Show the lines below that contain the string "subst".
** Available data follows **
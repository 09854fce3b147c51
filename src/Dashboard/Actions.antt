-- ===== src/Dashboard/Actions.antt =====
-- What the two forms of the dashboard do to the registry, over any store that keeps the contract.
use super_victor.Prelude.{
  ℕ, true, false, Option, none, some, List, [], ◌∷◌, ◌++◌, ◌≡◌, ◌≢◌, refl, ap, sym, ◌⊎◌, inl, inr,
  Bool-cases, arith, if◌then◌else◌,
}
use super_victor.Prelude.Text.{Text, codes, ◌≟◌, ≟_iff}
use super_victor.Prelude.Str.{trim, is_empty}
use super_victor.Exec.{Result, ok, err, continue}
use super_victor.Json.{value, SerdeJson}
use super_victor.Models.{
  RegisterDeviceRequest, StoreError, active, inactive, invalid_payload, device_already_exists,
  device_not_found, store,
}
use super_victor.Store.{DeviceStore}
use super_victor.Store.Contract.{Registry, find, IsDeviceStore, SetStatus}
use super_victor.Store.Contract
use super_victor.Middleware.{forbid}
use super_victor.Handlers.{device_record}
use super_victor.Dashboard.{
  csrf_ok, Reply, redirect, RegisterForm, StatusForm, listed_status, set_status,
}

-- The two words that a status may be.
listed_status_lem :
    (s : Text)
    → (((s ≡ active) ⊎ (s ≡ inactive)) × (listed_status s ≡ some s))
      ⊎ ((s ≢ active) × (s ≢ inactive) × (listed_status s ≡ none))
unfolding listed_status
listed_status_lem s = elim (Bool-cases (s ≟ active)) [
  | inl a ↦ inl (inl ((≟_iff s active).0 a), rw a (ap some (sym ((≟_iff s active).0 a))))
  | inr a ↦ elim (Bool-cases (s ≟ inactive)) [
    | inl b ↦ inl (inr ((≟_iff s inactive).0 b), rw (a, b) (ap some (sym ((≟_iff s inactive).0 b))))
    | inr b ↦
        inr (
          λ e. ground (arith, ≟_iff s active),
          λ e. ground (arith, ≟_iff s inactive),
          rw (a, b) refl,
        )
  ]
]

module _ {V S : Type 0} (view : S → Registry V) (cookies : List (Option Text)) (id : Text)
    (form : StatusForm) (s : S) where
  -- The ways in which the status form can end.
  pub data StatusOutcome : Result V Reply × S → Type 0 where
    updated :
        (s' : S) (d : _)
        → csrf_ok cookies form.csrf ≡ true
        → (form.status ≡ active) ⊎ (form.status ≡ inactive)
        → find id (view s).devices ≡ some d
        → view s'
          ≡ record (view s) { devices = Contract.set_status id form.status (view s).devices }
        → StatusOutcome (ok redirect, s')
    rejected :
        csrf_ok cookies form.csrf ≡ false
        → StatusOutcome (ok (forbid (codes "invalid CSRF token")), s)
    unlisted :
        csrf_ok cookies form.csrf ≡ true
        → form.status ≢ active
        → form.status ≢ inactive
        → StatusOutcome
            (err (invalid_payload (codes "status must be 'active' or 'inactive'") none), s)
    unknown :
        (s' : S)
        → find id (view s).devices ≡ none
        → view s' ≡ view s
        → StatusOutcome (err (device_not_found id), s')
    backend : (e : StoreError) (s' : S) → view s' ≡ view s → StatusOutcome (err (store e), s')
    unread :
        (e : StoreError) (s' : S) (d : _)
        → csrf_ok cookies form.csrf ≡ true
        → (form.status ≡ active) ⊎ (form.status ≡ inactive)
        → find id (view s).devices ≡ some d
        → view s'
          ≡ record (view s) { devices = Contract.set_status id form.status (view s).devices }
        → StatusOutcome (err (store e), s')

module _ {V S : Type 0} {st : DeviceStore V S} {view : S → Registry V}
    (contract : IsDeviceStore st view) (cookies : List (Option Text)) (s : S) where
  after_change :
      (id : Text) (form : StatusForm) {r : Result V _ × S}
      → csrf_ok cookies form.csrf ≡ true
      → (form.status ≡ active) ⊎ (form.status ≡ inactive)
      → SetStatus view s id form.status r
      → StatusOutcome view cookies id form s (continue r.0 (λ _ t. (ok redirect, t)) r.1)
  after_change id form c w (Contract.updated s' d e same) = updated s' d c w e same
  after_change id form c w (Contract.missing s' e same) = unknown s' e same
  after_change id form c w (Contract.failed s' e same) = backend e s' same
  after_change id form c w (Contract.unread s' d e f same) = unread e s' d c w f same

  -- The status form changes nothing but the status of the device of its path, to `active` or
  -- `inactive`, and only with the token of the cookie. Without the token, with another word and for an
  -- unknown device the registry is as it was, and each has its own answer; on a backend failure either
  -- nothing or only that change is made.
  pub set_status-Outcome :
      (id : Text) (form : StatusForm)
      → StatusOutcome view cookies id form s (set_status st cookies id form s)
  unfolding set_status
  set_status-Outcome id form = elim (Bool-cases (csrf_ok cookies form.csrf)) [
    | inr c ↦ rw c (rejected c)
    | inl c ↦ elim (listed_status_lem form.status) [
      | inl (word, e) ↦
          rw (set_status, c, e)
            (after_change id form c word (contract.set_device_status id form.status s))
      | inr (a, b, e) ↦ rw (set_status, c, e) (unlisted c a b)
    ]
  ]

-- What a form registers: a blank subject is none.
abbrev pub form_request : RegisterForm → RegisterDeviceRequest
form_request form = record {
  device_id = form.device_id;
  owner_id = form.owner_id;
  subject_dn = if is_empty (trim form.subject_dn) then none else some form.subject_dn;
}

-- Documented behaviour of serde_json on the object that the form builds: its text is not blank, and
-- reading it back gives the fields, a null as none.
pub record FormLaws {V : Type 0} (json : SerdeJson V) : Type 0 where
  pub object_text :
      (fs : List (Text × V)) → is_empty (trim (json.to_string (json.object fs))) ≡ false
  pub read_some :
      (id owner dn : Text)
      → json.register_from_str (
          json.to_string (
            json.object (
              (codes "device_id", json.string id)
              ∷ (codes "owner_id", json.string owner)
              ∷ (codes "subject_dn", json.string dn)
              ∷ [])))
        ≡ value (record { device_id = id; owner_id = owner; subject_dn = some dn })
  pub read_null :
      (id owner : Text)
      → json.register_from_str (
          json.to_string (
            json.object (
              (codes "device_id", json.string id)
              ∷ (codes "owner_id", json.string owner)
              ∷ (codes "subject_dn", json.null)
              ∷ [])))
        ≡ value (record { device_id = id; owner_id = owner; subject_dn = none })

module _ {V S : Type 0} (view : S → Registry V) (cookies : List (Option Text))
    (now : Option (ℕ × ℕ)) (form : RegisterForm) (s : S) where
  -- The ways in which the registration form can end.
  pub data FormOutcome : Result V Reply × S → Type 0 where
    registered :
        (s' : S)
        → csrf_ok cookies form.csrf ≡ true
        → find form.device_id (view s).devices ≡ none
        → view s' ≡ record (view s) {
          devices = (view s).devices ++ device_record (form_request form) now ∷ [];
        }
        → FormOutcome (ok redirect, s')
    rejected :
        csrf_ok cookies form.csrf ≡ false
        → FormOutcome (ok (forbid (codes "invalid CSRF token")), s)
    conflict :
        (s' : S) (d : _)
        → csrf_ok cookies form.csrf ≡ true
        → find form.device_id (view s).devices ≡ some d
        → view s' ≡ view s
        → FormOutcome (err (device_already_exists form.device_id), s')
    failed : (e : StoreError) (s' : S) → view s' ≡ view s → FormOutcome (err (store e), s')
** End of Available data **
** Available data follows **
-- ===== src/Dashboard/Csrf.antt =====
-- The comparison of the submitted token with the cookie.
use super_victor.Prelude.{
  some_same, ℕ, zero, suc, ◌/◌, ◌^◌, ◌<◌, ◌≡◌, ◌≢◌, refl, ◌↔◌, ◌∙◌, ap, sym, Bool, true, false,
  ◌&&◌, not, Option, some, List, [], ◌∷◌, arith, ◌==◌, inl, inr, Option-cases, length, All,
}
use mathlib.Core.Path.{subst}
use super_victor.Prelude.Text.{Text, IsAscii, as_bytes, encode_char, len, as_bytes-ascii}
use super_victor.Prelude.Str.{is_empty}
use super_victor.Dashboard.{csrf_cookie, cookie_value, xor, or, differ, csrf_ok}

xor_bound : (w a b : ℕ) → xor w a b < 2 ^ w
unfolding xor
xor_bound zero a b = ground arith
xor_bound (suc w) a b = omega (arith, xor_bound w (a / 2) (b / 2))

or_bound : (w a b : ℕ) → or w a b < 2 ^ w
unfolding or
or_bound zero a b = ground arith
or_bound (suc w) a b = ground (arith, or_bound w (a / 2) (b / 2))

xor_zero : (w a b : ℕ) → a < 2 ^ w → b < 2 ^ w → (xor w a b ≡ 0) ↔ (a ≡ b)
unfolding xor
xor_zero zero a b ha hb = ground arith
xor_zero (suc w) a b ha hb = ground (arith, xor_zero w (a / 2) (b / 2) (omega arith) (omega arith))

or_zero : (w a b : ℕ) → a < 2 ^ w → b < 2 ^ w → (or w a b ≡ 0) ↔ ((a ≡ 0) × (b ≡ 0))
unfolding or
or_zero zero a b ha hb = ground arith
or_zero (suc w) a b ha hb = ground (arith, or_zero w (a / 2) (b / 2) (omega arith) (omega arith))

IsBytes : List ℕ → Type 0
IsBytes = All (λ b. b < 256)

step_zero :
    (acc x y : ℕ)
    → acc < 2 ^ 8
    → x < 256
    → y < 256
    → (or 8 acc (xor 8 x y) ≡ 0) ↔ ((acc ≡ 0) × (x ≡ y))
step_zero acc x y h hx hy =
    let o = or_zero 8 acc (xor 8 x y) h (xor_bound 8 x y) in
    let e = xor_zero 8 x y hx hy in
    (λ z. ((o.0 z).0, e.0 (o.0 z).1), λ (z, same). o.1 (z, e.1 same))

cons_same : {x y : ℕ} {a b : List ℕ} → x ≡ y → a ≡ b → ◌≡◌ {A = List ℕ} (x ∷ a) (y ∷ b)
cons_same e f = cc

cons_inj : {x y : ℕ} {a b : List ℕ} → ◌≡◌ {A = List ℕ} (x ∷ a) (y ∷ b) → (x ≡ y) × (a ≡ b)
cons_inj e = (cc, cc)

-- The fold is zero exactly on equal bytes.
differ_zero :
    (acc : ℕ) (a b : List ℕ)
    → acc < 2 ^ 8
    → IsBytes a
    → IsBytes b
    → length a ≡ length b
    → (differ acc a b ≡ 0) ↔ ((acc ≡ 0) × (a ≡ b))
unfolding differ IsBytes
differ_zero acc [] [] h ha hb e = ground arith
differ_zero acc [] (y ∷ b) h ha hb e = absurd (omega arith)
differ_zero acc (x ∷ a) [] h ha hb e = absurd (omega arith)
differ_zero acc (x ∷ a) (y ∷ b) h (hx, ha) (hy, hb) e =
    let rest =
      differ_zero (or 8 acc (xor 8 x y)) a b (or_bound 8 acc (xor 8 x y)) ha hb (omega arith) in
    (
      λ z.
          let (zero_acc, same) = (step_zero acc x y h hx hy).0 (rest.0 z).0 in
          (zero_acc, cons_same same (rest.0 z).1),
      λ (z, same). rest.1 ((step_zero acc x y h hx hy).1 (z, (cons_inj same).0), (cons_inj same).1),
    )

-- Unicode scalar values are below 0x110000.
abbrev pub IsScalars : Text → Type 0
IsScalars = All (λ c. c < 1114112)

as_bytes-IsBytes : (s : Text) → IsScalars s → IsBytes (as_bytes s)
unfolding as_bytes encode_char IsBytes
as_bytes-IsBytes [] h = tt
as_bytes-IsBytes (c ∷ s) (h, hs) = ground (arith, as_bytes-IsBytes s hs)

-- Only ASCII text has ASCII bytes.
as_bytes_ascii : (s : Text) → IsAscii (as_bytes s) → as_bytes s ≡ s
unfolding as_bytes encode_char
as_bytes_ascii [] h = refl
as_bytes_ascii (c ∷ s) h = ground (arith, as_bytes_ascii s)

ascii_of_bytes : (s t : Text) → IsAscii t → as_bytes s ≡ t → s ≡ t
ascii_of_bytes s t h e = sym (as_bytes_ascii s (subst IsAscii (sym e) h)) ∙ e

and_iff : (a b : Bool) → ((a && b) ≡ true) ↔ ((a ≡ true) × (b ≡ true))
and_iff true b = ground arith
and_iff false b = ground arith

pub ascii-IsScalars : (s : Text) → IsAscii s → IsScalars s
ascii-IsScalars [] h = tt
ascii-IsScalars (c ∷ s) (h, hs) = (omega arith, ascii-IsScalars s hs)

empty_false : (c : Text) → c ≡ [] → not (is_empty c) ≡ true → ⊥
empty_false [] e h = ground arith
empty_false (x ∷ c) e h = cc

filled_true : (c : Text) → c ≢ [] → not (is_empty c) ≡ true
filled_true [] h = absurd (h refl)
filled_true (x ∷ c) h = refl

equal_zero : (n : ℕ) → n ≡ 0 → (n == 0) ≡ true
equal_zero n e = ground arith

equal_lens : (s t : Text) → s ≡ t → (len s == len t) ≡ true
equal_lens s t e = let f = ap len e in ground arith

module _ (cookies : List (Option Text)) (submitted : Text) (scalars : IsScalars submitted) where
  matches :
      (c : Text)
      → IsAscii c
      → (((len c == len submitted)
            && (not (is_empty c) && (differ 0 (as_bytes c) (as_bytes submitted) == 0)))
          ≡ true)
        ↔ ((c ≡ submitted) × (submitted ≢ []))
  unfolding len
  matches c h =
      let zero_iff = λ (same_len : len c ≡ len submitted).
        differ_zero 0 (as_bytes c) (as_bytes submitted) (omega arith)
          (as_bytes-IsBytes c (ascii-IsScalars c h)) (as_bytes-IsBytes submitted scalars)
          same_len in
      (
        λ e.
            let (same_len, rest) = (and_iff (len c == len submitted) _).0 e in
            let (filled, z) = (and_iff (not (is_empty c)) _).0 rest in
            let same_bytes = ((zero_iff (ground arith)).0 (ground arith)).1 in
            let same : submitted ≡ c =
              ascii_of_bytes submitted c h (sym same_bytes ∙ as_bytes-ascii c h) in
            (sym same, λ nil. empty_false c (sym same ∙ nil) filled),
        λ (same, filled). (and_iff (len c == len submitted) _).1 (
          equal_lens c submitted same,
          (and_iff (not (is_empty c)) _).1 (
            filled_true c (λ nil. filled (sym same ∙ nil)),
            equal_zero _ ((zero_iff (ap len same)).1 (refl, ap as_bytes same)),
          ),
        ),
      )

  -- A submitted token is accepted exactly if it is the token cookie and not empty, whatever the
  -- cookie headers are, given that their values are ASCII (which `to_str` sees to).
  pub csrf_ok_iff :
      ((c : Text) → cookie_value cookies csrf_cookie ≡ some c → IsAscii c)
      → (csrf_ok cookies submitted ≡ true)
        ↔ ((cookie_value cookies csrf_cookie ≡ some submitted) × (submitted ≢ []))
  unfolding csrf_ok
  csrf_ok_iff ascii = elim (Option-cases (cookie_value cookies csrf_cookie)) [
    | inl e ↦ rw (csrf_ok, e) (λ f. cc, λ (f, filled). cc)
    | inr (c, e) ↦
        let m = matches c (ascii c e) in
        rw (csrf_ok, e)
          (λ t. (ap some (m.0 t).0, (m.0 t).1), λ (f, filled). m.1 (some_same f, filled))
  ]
** End of Available data **
» **Written solution**
use mathlib.Core.Path.{subst}
ascii_of_bytes s t h e = sym (as_bytes_ascii s (subst IsAscii (sym e) h)) ∙ e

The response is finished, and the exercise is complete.